» **Task description**
Please print each entry below exactly as it reads.

----- Records for the task -----

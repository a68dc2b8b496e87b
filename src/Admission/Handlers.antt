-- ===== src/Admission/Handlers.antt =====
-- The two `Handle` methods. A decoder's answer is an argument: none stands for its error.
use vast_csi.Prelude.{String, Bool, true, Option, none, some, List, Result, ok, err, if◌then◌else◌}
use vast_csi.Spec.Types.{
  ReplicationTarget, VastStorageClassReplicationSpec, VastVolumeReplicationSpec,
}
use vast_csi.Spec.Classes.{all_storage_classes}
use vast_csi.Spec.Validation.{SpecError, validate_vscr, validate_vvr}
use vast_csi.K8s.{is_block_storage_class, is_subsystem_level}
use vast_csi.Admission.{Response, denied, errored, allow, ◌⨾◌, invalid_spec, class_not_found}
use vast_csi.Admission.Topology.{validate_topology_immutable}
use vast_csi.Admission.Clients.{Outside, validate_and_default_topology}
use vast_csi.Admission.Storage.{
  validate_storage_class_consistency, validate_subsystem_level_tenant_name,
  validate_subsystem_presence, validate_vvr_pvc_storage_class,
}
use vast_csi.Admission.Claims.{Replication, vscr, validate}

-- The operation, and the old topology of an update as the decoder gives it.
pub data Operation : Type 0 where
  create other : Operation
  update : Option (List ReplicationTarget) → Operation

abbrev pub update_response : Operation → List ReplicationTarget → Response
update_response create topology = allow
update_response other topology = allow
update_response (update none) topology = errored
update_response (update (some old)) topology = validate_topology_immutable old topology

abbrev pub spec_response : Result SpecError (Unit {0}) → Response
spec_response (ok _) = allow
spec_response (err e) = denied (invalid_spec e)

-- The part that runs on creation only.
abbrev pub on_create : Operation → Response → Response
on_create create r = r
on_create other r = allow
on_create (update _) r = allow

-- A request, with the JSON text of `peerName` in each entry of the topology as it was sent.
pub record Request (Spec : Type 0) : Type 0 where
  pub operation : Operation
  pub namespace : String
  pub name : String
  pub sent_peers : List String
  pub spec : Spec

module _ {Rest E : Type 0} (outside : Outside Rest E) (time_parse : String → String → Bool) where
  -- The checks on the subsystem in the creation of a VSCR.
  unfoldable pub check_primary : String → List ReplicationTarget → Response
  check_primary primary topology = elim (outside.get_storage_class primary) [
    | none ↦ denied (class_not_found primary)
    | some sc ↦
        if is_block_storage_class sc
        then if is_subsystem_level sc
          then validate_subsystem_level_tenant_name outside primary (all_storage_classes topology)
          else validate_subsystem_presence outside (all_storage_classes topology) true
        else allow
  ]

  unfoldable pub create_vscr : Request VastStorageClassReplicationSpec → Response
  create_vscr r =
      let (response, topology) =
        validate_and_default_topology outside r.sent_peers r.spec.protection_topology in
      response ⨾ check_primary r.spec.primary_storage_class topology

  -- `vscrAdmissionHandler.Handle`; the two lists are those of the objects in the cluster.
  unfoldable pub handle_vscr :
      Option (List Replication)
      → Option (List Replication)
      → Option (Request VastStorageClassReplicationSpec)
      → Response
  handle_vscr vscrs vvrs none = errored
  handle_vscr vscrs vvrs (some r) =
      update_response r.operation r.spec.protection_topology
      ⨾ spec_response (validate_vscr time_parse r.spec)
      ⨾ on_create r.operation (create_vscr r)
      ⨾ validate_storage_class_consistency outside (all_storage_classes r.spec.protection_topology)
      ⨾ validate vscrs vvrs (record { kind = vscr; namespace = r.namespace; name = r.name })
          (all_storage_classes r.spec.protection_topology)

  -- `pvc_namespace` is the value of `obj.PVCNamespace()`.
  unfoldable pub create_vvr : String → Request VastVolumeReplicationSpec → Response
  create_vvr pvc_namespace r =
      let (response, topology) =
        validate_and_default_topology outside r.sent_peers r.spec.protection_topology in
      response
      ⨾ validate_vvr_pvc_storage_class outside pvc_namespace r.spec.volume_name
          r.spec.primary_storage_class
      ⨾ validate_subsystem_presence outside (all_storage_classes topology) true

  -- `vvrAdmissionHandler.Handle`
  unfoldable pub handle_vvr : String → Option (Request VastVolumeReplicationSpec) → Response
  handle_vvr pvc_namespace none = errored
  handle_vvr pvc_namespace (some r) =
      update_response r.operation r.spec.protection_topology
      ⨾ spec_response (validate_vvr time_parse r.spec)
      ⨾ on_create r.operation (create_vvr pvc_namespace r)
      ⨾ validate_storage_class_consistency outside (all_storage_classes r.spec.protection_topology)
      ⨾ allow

-----

» **Completed task**
repository a68dc2b8b496e87b
filename src/Admission/Handlers.antt
-- ===== src/Admission/Handlers.antt =====
-- The two `Handle` methods. A decoder's answer is an argument: none stands for its error.
use vast_csi.Prelude.{String, Bool, true, Option, none, some, List, Result, ok, err, if◌then◌else◌}
use vast_csi.Spec.Types.{
  ReplicationTarget, VastStorageClassReplicationSpec, VastVolumeReplicationSpec,
}
use vast_csi.Spec.Classes.{all_storage_classes}
use vast_csi.Spec.Validation.{SpecError, validate_vscr, validate_vvr}
use vast_csi.K8s.{is_block_storage_class, is_subsystem_level}
use vast_csi.Admission.{Response, denied, errored, allow, ◌⨾◌, invalid_spec, class_not_found}
use vast_csi.Admission.Topology.{validate_topology_immutable}
use vast_csi.Admission.Clients.{Outside, validate_and_default_topology}
use vast_csi.Admission.Storage.{
  validate_storage_class_consistency, validate_subsystem_level_tenant_name,
  validate_subsystem_presence, validate_vvr_pvc_storage_class,
}
use vast_csi.Admission.Claims.{Replication, vscr, validate}

-- The operation, and the old topology of an update as the decoder gives it.
pub data Operation : Type 0 where
  create other : Operation
  update : Option (List ReplicationTarget) → Operation

abbrev pub update_response : Operation → List ReplicationTarget → Response
update_response create topology = allow
update_response other topology = allow
update_response (update none) topology = errored
update_response (update (some old)) topology = validate_topology_immutable old topology

abbrev pub spec_response : Result SpecError (Unit {0}) → Response
spec_response (ok _) = allow
spec_response (err e) = denied (invalid_spec e)

-- The part that runs on creation only.
abbrev pub on_create : Operation → Response → Response
on_create create r = r
on_create other r = allow
on_create (update _) r = allow

-- A request, with the JSON text of `peerName` in each entry of the topology as it was sent.
pub record Request (Spec : Type 0) : Type 0 where
  pub operation : Operation
  pub namespace : String
  pub name : String
  pub sent_peers : List String
  pub spec : Spec

module _ {Rest E : Type 0} (outside : Outside Rest E) (time_parse : String → String → Bool) where
  -- The checks on the subsystem in the creation of a VSCR.
  unfoldable pub check_primary : String → List ReplicationTarget → Response
  check_primary primary topology = elim (outside.get_storage_class primary) [
    | none ↦ denied (class_not_found primary)
    | some sc ↦
        if is_block_storage_class sc
        then if is_subsystem_level sc
          then validate_subsystem_level_tenant_name outside primary (all_storage_classes topology)
          else validate_subsystem_presence outside (all_storage_classes topology) true
        else allow
  ]

  unfoldable pub create_vscr : Request VastStorageClassReplicationSpec → Response
  create_vscr r =
      let (response, topology) =
        validate_and_default_topology outside r.sent_peers r.spec.protection_topology in
      response ⨾ check_primary r.spec.primary_storage_class topology

  -- `vscrAdmissionHandler.Handle`; the two lists are those of the objects in the cluster.
  unfoldable pub handle_vscr :
      Option (List Replication)
      → Option (List Replication)
      → Option (Request VastStorageClassReplicationSpec)
      → Response
  handle_vscr vscrs vvrs none = errored
  handle_vscr vscrs vvrs (some r) =
      update_response r.operation r.spec.protection_topology
      ⨾ spec_response (validate_vscr time_parse r.spec)
      ⨾ on_create r.operation (create_vscr r)
      ⨾ validate_storage_class_consistency outside (all_storage_classes r.spec.protection_topology)
      ⨾ validate vscrs vvrs (record { kind = vscr; namespace = r.namespace; name = r.name })
          (all_storage_classes r.spec.protection_topology)

  -- `pvc_namespace` is the value of `obj.PVCNamespace()`.
  unfoldable pub create_vvr : String → Request VastVolumeReplicationSpec → Response
  create_vvr pvc_namespace r =
      let (response, topology) =
        validate_and_default_topology outside r.sent_peers r.spec.protection_topology in
      response
      ⨾ validate_vvr_pvc_storage_class outside pvc_namespace r.spec.volume_name
          r.spec.primary_storage_class
      ⨾ validate_subsystem_presence outside (all_storage_classes topology) true

  -- `vvrAdmissionHandler.Handle`
  unfoldable pub handle_vvr : String → Option (Request VastVolumeReplicationSpec) → Response
  handle_vvr pvc_namespace none = errored
  handle_vvr pvc_namespace (some r) =
      update_response r.operation r.spec.protection_topology
      ⨾ spec_response (validate_vvr time_parse r.spec)
      ⨾ on_create r.operation (create_vvr pvc_namespace r)
      ⨾ validate_storage_class_consistency outside (all_storage_classes r.spec.protection_topology)
      ⨾ allow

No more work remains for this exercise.